Andrianarivelo M R, Rabarijaona L, Boisier P, Chezzi C, Zeller H G
Virology Unit, Institut Pasteur, Antananarivo, Madagascar.
Trop Med Int Health. 1999 Jan;4(1):50-7. doi: 10.1046/j.1365-3156.1999.00350.x.
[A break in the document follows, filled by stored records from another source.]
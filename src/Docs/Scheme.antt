-- ===== src/Docs/Scheme.antt =====
-- The security scheme in a document.
use mathlib.Core.List.{append-nil}
use kratos_micro_layout.Prelude.{
  ◌≡◌, ◌<◌, refl, sym, ap, ◌∙◌, arith, Bool, true, false, List, [], ◌∷◌, ◌++◌, All, All-append,
  Text, text_eq, codes, length, if◌then◌else◌, Bool-cases, inl, inr,
}
use kratos_micro_layout.Text.{contains, has_prefix}
use kratos_micro_layout.Text.Laws.{text_eq_refl, text_eq→eq}
use kratos_micro_layout.Docs.{
  lines, unlines, scheme_lines, security_lines, security_schemes_block, security_block,
  is_components, is_openapi, with_components, with_security_scheme,
}
use kratos_micro_layout.Docs.Lines.{
  IsLine, lines-unlines, unlines-append, unlines_behind, inserted, insert_after-inserted, Keeps,
  done, keep, skip, Keeps-refl, Keeps-behind, Keeps-trans, Keeps-inserted,
}
use kratos_micro_layout.Docs.Inserted.{
  HasBlock, any_line, inserted-append, inserted-HasBlock, inserted_none, inserted-longer,
  All-inserted,
}

pub scheme_lines-IsLine : All IsLine scheme_lines
unfolding contains
scheme_lines-IsLine = (refl, (refl, (refl, (refl, (refl, tt)))))

-- The lines of a document with the scheme under its components.
abbrev pub componented : List Text → List Text
componented ls =
    if any_line is_components ls
    then inserted is_components scheme_lines ls
    else ls ++ codes "components:" ∷ scheme_lines

schemes_block_lem : security_schemes_block ≡ unlines scheme_lines []
unfolding security_schemes_block
schemes_block_lem = refl

security_block_lem : security_block ≡ unlines security_lines []
unfolding security_block
security_block_lem = refl

pub nil-IsLine : IsLine []
unfolding contains
nil-IsLine = refl

unlines-apart :
    (xs ys : List Text)
    → All IsLine xs
    → All IsLine ys
    → length xs < length ys
    → text_eq (unlines ys []) (unlines xs []) ≡ false
unlines-apart xs ys hx hy shorter = elim (Bool-cases (text_eq (unlines ys []) (unlines xs []))) [
  | inr apart ↦ apart
  | inl same ↦
      let equal = text_eq→eq (unlines ys []) (unlines xs []) same in
      let lists : ys ≡ xs =
        ap (λ p. p.0)
          (sym (lines-unlines ys [] hy nil-IsLine)
            ∙ ap lines equal
            ∙ lines-unlines xs [] hx nil-IsLine) in
      absurd (omega (arith, ap length lists))
]

with_components-unlines :
    (ls : List Text) → All IsLine ls → with_components (unlines ls []) ≡ unlines (componented ls) []
unfolding with_components
with_components-unlines ls h =
    rw
      (
        lines-unlines ls [] h nil-IsLine,
        schemes_block_lem,
        insert_after-inserted is_components scheme_lines ls [],
      )
      (elim (Bool-cases (any_line is_components ls)) [
        | inl present ↦
            rw
              (
                present,
                unlines-apart ls (inserted is_components scheme_lines ls) h
                    (All-inserted is_components scheme_lines ls scheme_lines-IsLine h)
                    (inserted-longer is_components scheme_lines ls present (omega arith)),
              )
              refl
        | inr absent ↦
            rw (absent, inserted_none is_components scheme_lines ls absent, text_eq_refl)
              (unlines_behind ls _
                ∙ (unfold unlines in
                    sym (unlines-append ls (codes "components:" ∷ scheme_lines) [])))
      ])

pub componented-IsLine : (ls : List Text) → All IsLine ls → All IsLine (componented ls)
unfolding contains
componented-IsLine ls h = elim (Bool-cases (any_line is_components ls)) [
  | inl present ↦ rw present (All-inserted is_components scheme_lines ls scheme_lines-IsLine h)
  | inr absent ↦
      rw absent
        (All-append IsLine ls (codes "components:" ∷ scheme_lines) h (refl, scheme_lines-IsLine))
]

componented-Keeps : (ls : List Text) → Keeps ls (componented ls)
componented-Keeps ls = elim (Bool-cases (any_line is_components ls)) [
  | inl present ↦ rw present (Keeps-inserted is_components scheme_lines ls)
  | inr absent ↦ rw absent (Keeps-behind (codes "components:" ∷ scheme_lines) (Keeps-refl ls))
]

componented-HasBlock : (ls : List Text) → HasBlock is_components scheme_lines (componented ls)
componented-HasBlock ls = elim (Bool-cases (any_line is_components ls)) [
  | inl present ↦ rw present (inserted-HasBlock is_components scheme_lines ls present)
  | inr absent ↦ record {
    before = ls;
    line = codes "components:";
    after = [];
    passes = refl;
    splits = rw (absent, append-nil scheme_lines) refl;
  }
]

components_not_openapi : (l : Text) → is_components l ≡ true → is_openapi l ≡ false
unfolding is_openapi has_prefix
components_not_openapi l h = rw (text_eq→eq l (codes "components:") h) refl

-- Lines that are no `openapi:` line stay together when the requirement is put in.
pub HasBlock-inserted :
    (out : List Text)
    → HasBlock is_components scheme_lines out
    → HasBlock is_components scheme_lines (inserted is_openapi security_lines out)
unfolding inserted is_openapi has_prefix
HasBlock-inserted out h = record {
  before = inserted is_openapi security_lines h.before;
  line = h.line;
  after = inserted is_openapi security_lines h.after;
  passes = h.passes;
  splits =
      ap (inserted is_openapi security_lines) h.splits
      ∙ inserted-append is_openapi security_lines h.before (h.line ∷ (scheme_lines ++ h.after))
      ∙ rw (components_not_openapi h.line h.passes) refl;
}

pub with_security_scheme-unlines :
    (ls : List Text)
    → All IsLine ls
    → with_security_scheme (unlines ls [])
      ≡ unlines (inserted is_openapi security_lines (componented ls)) []
unfolding with_security_scheme
with_security_scheme-unlines ls h =
    rw
      (
        with_components-unlines ls h,
        lines-unlines (componented ls) [] (componented-IsLine ls h) nil-IsLine,
        security_block_lem,
      )
      (insert_after-inserted is_openapi security_lines (componented ls) [])

pub any_line-Keeps :
    (test : Text → Bool) {xs ys : List Text}
    → Keeps xs ys
    → any_line test xs ≡ true
    → any_line test ys ≡ true
unfolding any_line
any_line-Keeps test done h = h
any_line-Keeps test (keep x k) h = ground (arith, any_line-Keeps test k)
any_line-Keeps test (skip y k) h = ground (arith, any_line-Keeps test k h)

-- A document whose lines all end with a newline, and that has a line `openapi:`, keeps its lines in
-- order; the scheme is declared right below a line `components:`, which is added at the end where
-- it is missing, and the requirement stands right below a line `openapi:`.
pub with_security_scheme_lem :
    (ls : List Text)
    → All IsLine ls
    → any_line is_openapi ls ≡ true
    → (out : List Text) × (with_security_scheme (unlines ls []) ≡ unlines out [])
      × Keeps ls out
      × HasBlock is_components scheme_lines out
      × HasBlock is_openapi security_lines out
with_security_scheme_lem ls h versioned = (
  inserted is_openapi security_lines (componented ls),
  with_security_scheme-unlines ls h,
  Keeps-trans (componented-Keeps ls) (Keeps-inserted is_openapi security_lines (componented ls)),
  HasBlock-inserted (componented ls) (componented-HasBlock ls),
  inserted-HasBlock is_openapi security_lines (componented ls)
      (any_line-Keeps is_openapi (componented-Keeps ls) versioned),
)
From July 1995 to December 1996, 3185 stool specimens from healthy children aged 6-59 months attending 6 dispensaries in the Antananarivo area were examined for poliovirus. The children had been routinely immunized according to the Expanded Programme on Immunization (EPI) schedule and received the last dose of oral polio vaccine (OPV) more than 1 month before stool collection. 99.4% of the children were immunized with at least 3 doses of OPV. HEp-2 cell culture revealed virus infections in 192 stools (6.0%), including 9 poliovirus (0.3%) and 183 nonpolio enterovirus isolates (5.7%). Infections occurred throughout the year, but incidence was higher during the hot and rainy season (P=0.01). Using a neutralization test with monoclonal antibodies and PCR-RFLP in two genomic regions coding for the VP1 capsid and RNA polymerase, 4 wild polioviruses (3 type 1 and 1 type 3) and 5 vaccine-related polioviruses (2 Sabin 1-like variants, 1 Sabin 2-like and 2 Sabin 3-like) strains were identified. The wild polioviruses were isolated at the beginning and the end of the dry season. Similar RFLP patterns were observed for the 3 wild type 1 polioviruses. Comparison of partial genomic sequences in the VP1/2 A region of 1 of the wild type 1 isolates with 2 wild type strains isolated in Antananarivo in 1992 and 1993 showed a divergence of at least 10% between the strains, suggesting at least two different pathways of transmission during this period. Our findings demonstrate that immunization with 3 doses of OPV did not prevent intestinal carriage of wild poliovirus strains, and that there is a risk of wild poliovirus transmission to susceptible children in the area. Multiple strategies are required to improve immunization coverage in Madagascar.
1995年7月至1996年12月,对塔那那利佛地区6家诊疗所6至59个月大的健康儿童的3185份粪便标本进行了脊髓灰质炎病毒检测。这些儿童已按照扩大免疫规划(EPI)的时间表进行了常规免疫,并且在粪便采集前1个月以上接受了最后一剂口服脊髓灰质炎疫苗(OPV)。99.4%的儿童接种了至少3剂OPV。HEp-2细胞培养显示192份粪便(6.0%)存在病毒感染,其中包括9份脊髓灰质炎病毒(0.3%)和183份非脊髓灰质炎肠道病毒分离株(5.7%)。感染全年都有发生,但在炎热多雨季节发病率更高(P=0.01)。通过使用针对编码VP1衣壳和RNA聚合酶的两个基因组区域的单克隆抗体中和试验和PCR-RFLP,鉴定出4株野生脊髓灰质炎病毒(3株1型和1株3型)和5株疫苗相关脊髓灰质炎病毒(2株Sabin 1样变异株、1株Sabin 2样和2株Sabin 3样)毒株。野生脊髓灰质炎病毒在旱季开始和结束时被分离出来。3株野生1型脊髓灰质炎病毒观察到相似的RFLP模式。将1株野生1型分离株VP1/2A区域的部分基因组序列与1992年和1993年在塔那那利佛分离的2株野生型毒株进行比较,发现这些毒株之间的差异至少为10%,这表明在此期间至少存在两条不同的传播途径。我们的研究结果表明,接种3剂OPV并不能预防野生脊髓灰质炎病毒株在肠道内的携带,并且该地区存在野生脊髓灰质炎病毒传播给易感儿童的风险。需要采取多种策略来提高马达加斯加的免疫覆盖率。